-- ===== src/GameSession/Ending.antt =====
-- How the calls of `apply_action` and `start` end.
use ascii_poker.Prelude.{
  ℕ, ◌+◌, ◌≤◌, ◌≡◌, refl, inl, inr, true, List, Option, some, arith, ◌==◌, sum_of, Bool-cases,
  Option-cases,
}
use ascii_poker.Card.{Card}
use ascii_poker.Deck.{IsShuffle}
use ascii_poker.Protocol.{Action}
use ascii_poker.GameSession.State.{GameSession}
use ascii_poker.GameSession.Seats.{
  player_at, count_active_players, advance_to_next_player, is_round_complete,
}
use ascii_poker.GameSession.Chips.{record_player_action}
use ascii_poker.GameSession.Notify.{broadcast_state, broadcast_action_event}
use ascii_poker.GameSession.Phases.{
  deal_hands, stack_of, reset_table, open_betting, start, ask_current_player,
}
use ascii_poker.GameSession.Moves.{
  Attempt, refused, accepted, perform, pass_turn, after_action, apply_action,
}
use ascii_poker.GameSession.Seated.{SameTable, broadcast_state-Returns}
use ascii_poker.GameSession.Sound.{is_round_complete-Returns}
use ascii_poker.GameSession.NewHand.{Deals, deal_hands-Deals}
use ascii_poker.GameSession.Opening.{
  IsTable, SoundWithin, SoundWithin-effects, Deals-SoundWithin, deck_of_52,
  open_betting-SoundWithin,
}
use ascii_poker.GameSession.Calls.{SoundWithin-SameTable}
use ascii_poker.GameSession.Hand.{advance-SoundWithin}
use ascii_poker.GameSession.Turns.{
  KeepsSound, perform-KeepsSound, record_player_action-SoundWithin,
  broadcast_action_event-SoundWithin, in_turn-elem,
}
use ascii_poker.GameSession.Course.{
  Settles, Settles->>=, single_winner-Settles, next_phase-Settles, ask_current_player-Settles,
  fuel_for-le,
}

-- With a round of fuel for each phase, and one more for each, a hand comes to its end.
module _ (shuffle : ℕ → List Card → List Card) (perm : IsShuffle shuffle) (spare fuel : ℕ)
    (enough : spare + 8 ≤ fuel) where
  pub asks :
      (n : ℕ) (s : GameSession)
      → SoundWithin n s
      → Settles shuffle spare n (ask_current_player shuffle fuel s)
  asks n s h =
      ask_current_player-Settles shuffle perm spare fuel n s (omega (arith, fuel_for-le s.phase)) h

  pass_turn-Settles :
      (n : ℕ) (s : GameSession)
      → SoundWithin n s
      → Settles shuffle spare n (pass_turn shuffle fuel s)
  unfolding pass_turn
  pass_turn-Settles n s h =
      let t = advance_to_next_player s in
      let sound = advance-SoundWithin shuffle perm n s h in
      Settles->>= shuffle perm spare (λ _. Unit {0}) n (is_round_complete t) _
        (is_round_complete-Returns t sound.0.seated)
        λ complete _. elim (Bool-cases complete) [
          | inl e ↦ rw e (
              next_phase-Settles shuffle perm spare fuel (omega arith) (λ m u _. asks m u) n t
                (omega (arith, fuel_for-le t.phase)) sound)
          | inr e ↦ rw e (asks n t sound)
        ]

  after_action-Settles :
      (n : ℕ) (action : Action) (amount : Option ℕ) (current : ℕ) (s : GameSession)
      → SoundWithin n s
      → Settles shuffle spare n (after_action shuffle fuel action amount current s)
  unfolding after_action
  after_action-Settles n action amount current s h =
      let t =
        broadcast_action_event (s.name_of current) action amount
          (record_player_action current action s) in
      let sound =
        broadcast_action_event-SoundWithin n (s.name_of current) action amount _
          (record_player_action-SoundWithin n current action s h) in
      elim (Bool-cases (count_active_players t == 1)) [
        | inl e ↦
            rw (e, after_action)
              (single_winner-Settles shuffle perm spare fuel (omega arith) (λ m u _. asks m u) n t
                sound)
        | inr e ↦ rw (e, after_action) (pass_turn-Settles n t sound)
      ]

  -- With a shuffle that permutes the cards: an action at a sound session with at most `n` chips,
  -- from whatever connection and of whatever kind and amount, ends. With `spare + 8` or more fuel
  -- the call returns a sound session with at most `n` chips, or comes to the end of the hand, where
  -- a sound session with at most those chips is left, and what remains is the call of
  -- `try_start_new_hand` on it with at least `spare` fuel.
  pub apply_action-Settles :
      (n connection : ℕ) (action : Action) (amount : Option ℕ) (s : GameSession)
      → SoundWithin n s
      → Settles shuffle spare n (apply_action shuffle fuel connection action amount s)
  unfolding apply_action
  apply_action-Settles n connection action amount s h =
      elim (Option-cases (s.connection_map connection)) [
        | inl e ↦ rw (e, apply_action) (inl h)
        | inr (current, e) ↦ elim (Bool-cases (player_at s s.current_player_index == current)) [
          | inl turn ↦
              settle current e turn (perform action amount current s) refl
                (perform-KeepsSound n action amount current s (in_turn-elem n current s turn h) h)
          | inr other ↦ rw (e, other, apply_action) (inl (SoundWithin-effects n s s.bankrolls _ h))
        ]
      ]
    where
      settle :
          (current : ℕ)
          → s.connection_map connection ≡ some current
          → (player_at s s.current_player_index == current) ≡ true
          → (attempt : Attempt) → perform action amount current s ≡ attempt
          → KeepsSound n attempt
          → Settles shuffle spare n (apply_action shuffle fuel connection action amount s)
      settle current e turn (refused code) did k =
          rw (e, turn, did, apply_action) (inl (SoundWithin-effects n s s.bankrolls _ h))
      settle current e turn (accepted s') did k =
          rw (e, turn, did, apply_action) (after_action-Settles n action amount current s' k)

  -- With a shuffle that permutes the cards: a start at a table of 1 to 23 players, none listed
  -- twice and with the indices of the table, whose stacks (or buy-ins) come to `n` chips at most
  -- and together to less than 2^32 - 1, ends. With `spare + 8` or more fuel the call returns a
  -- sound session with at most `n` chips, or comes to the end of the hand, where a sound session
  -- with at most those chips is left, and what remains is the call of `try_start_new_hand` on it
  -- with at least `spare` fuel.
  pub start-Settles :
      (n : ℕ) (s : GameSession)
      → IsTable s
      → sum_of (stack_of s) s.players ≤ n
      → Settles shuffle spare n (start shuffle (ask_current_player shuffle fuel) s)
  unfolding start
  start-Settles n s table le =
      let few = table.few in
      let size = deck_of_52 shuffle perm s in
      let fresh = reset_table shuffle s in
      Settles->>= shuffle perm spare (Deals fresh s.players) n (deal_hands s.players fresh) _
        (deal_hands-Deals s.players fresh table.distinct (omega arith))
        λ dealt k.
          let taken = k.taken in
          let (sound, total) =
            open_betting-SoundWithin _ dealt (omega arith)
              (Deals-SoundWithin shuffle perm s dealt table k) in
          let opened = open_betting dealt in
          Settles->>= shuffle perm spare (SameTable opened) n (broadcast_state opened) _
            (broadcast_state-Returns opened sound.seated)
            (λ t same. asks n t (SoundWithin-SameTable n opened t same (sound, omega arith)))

◇ ◇ ◇ ◇

#### Task objective
Find the lines above that include the string "Deals" and copy them.

#### Exercise output
use ascii_poker.GameSession.NewHand.{Deals, deal_hands-Deals}
  IsTable, SoundWithin, SoundWithin-effects, Deals-SoundWithin, deck_of_52,
      Settles->>= shuffle perm spare (Deals fresh s.players) n (deal_hands s.players fresh) _
        (deal_hands-Deals s.players fresh table.distinct (omega arith))
              (Deals-SoundWithin shuffle perm s dealt table k) in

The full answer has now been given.